Task objective:
Filter out all lines without the word "Payload" from the data below, please, and copy the rest.
========
-- ===== src/LedgerService/Tokens.antt =====
-- services/ledger/src/index.ts: what requests append to the ledger, and for whom.
use Prim.Native.String.{String}
use vr_poker.Prelude.{
  ℕ, ◌≡◌, ◌⊎◌, inl, inr, refl, Bool, true, false, Option, none, some, List, [], ◌∷◌,
}
use vr_poker.Ledger.Entries.{LedgerEntry, Fallible}
use vr_poker.Ledger.Clubs.{Percent, ClubPatch}
use vr_poker.Ledger.Store.{
  MemoryLedgerStore, ensure_user, store_buy_in, store_cash_out, store_create_club, store_list_clubs,
  store_add_member, store_update_club, store_delete_club, store_remove_member, store_list_members,
}
use vr_poker.Auth.Bearer.{bearer_from_header}
use vr_poker.Auth.Subject.{
  AuthUser, AuthVerifyOptions, Key, Payload, Verdict, granted, denied, require_auth_header,
  resolve_subject, SpeaksFor, header_speaks, user_for, verify_access_token,
}
use vr_poker.LedgerService.{
  Route, options, health, post_account, get_account, post_buy_in, post_cash_out, post_club,
  get_club, patch_club, delete_club, get_members, post_member, delete_member, get_table_config,
  get_user_clubs, no_route, Response, Body, account, club, clubs, member, members, done_well,
  error_of, failure,
}
use vr_poker.LedgerService.Handle.{
  subject_of, id_or, text_or, replied, with_balance, with_subject, account_for, handle,
}
use vr_poker.LedgerService.Grown.{
  Grown, IsWelcome, IsFor, Grown-same, Grown-weaken, ensure_user-Grown, store_buy_in-Grown,
  store_cash_out-Grown, store_create_club-Grown, store_list_clubs-Grown, store_add_member-Grown,
}

abbrev is_user : Verdict (Option AuthUser) → Bool
is_user (granted none) = false
is_user v = true

module _ (jwt_verify : List ℕ → Key → Option String → Option String → Option Payload)
    (config : AuthVerifyOptions) (header : Option (List ℕ)) where
  -- The entry is a welcome, or for the player of the token in the header.
  abbrev pub IsAllowed : MemoryLedgerStore → LedgerEntry → Type 0
  IsAllowed s e =
      IsWelcome s e ⊎ SpeaksFor jwt_verify config (bearer_from_header header) none e.user_id

  own_entry :
      (s : MemoryLedgerStore) (u : AuthUser) (e : LedgerEntry)
      → require_auth_header jwt_verify false config header ≡ granted (some u)
      → IsFor s u.subject e
      → IsAllowed s e
  unfolding resolve_subject
  own_entry s u e h (inl w) = inl w
  own_entry s u e h (inr same) =
      inr (rw same (header_speaks jwt_verify config header none u.subject (rw h refl)))

  -- Where auth is on, a header that is let in names a user.
  verified_user : (token : Option (List ℕ)) → is_user (user_for jwt_verify token config) ≡ true
  verified_user none = refl
  verified_user (some []) = refl
  verified_user (some (c ∷ cs)) = go (verify_access_token jwt_verify (c ∷ cs) config)
    where
      go :
          (v : Verdict AuthUser)
          → is_user (elim v [ granted user ↦ granted (some user) | denied e ↦ denied e ]) ≡ true
      go (granted u) = refl
      go (denied e) = refl

  let_in : is_user (require_auth_header jwt_verify false config header) ≡ true
  unfolding require_auth_header
  let_in = verified_user (bearer_from_header header)

  module _ (s : MemoryLedgerStore) where
    -- the response is left aside
    unfoldable Allowed : Response × MemoryLedgerStore → Type 0
    Allowed r = Grown (IsAllowed s) s r.1

    replied-Allowed :
        {A : Type 0} (status : ℕ) (f : A → Body) (r : Fallible A × MemoryLedgerStore)
        → Grown (IsWelcome s) s r.1
        → Allowed (replied status f r)
    unfolding Allowed
    replied-Allowed status f (r, t) g = Grown-weaken s t (λ e w. inl w) g

    kept_chips : (r : Response × MemoryLedgerStore) → r.1.chips ≡ s.chips → Allowed r
    unfolding Allowed
    kept_chips r e = Grown-same (IsAllowed s) s r.1 e

    kept : (r : Response) → Allowed (r, s)
    kept r = kept_chips (r, s) refl

    with_subject-Allowed :
        (claimed : Option ℕ) (k : Option ℕ → Response × MemoryLedgerStore)
        → ((u : AuthUser)
            → require_auth_header jwt_verify false config header ≡ granted (some u)
            → Allowed (k (some u.subject)))
        → Allowed (with_subject jwt_verify false config header claimed s k)
    unfolding Allowed
    with_subject-Allowed claimed k h =
        go (require_auth_header jwt_verify false config header) refl let_in
      where
        go :
            (v : Verdict (Option AuthUser))
            → require_auth_header jwt_verify false config header ≡ v
            → is_user v ≡ true
            → Allowed (elim v [
              | denied e ↦ (failure (error_of e), s)
              | granted user ↦ k (subject_of user claimed)
            ])
        go (denied e) u y = Grown-same (IsAllowed s) s s refl
        go (granted none) u y = absurd cc
        go (granted (some user)) u y = h user u

    -- a call that appends for the subject
    entry-Allowed :
        (claimed : Option ℕ) (empty : ℕ) (call : ℕ → Fallible LedgerEntry × MemoryLedgerStore)
        → ((id : ℕ) → Grown (IsFor s id) s (call id).1)
        → Allowed (
            with_subject jwt_verify false config header claimed s
              (λ who. with_balance (id_or empty who) (call (id_or empty who))))
    unfolding Allowed
    entry-Allowed claimed empty call h =
        with_subject-Allowed claimed
          (λ who. with_balance (id_or empty who) (call (id_or empty who)))
          (λ u e. Grown-weaken s (call u.subject).1 (λ x own. own_entry s u x e own) (h u.subject))

    updated :
        (id actor : ℕ) (patch : ClubPatch)
        → Grown (IsWelcome s) s (store_update_club id actor patch s).1
    unfolding store_update_club
    updated id actor patch = Grown-same (IsWelcome s) s (store_update_club id actor patch s).1 refl

    deleted : (id actor : ℕ) → Grown (IsWelcome s) s (store_delete_club id actor s).1
    unfolding store_delete_club
    deleted id actor = Grown-same (IsWelcome s) s (store_delete_club id actor s).1 refl

    removed :
        (id actor subject : ℕ) → Grown (IsWelcome s) s (store_remove_member id actor subject s).1
    unfolding store_remove_member
    removed id actor subject =
        Grown-same (IsWelcome s) s (store_remove_member id actor subject s).1 refl

    listed : (id : ℕ) → Allowed (let (ms, s') = store_list_members id s in ((200, members ms), s'))
    unfolding store_list_members
    listed id = kept_chips (_, (store_list_members id s).1) refl

    -- a call that appends at most a welcome
    call-Allowed :
        {A : Type 0} (claimed : Option ℕ) (status : ℕ) (f : A → Body)
        (call : Option ℕ → Fallible A × MemoryLedgerStore)
        → ((u : AuthUser) → Grown (IsWelcome s) s (call (some u.subject)).1)
        → Allowed (
            with_subject jwt_verify false config header claimed s
              (λ who. replied status f (call who)))
    call-Allowed claimed status f call h =
        with_subject-Allowed claimed (λ who. replied status f (call who))
          (λ u e. replied-Allowed status f (call (some u.subject)) (h u))

    module _ (now : String) (uuid : ℕ) (default_rake : Percent) (text_of : ℕ → String)
        (empty : ℕ) where
      handle-Allowed :
          (route : Route)
          → Allowed
              (handle jwt_verify false config now uuid default_rake text_of empty header route s)
      unfolding handle
      handle-Allowed options = kept _
      handle-Allowed health = kept _
      handle-Allowed (post_account none) = kept _
      handle-Allowed (post_account (some b)) =
          with_subject-Allowed b.claimed (account_for now text_of b.display_name s) (λ u e.
            replied-Allowed 200 (λ user. account user none)
              (ensure_user now u.subject (some (text_or (text_of u.subject) b.display_name)) s)
              (ensure_user-Grown now u.subject (some (text_or (text_of u.subject) b.display_name))
                s))
      handle-Allowed (get_account id history) = kept _
      handle-Allowed (post_buy_in none) = kept _
      handle-Allowed (post_buy_in (some b)) =
          entry-Allowed b.claimed empty
            (λ id. store_buy_in now id b.amount (text_or "table" b.ref) s)
            (λ id. store_buy_in-Grown now id s b.amount (text_or "table" b.ref))
      handle-Allowed (post_cash_out none) = kept _
      handle-Allowed (post_cash_out (some b)) =
          entry-Allowed b.claimed empty
            (λ id. store_cash_out now id b.amount (text_or "table" b.ref) s)
            (λ id. store_cash_out-Grown now id s b.amount (text_or "table" b.ref))
      handle-Allowed (post_club none) = kept _
      handle-Allowed (post_club (some b)) =
          let name = text_or "Club" b.settings.name in
          call-Allowed b.claimed 201 club
            (λ who. store_create_club now (id_or empty who) uuid default_rake name b.settings s)
            (λ u. store_create_club-Grown now u.subject s uuid default_rake name b.settings)
      handle-Allowed (get_club id) = kept _
      handle-Allowed (patch_club id none) = kept _
      handle-Allowed (patch_club id (some b)) =
          call-Allowed b.claimed 200 club
            (λ who. store_update_club id (id_or empty who) b.settings s)
            (λ u. updated id u.subject b.settings)
      handle-Allowed (delete_club id none) = kept _
      handle-Allowed (delete_club id (some b)) =
          call-Allowed b.claimed 200 (λ x. done_well)
            (λ who. store_delete_club id (id_or empty who) s) (λ u. deleted id u.subject)
      handle-Allowed (get_members id) = listed id
      handle-Allowed (post_member id none) = kept _
      handle-Allowed (post_member id (some b)) =
          call-Allowed b.claimed 200 member
            (λ who. store_add_member now (id_or empty b.member) id (id_or empty who) b.role s)
            (λ u. store_add_member-Grown now (id_or empty b.member) s id u.subject b.role)
      handle-Allowed (delete_member id subject none) = kept _
      handle-Allowed (delete_member id subject (some b)) =
          call-Allowed b.claimed 200 (λ x. done_well)
            (λ who. store_remove_member id (id_or empty who) subject s)
            (λ u. removed id u.subject subject)
      handle-Allowed (get_table_config id) = kept _
      handle-Allowed (get_user_clubs id) =
          replied-Allowed 200 clubs (store_list_clubs now id s) (store_list_clubs-Grown now id s)
      handle-Allowed no_route = kept _

      -- Where auth is on, whatever a request asks for, the entries of the ledger stay as they are, and
      -- each that is appended to them is the welcome of a user who had no entry, or for the player whom
      -- a bearer token in the header of the request is verified for.
      pub entries-IsAllowed :
          (route : Route)
          → Grown
              (IsAllowed s)
              s
              (handle jwt_verify false config now uuid default_rake text_of empty header route s).1
      unfolding Allowed
      entries-IsAllowed route = handle-Allowed route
========
Solution below:
  AuthUser, AuthVerifyOptions, Key, Payload, Verdict, granted, denied, require_auth_header,
module _ (jwt_verify : List ℕ → Key → Option String → Option String → Option Payload)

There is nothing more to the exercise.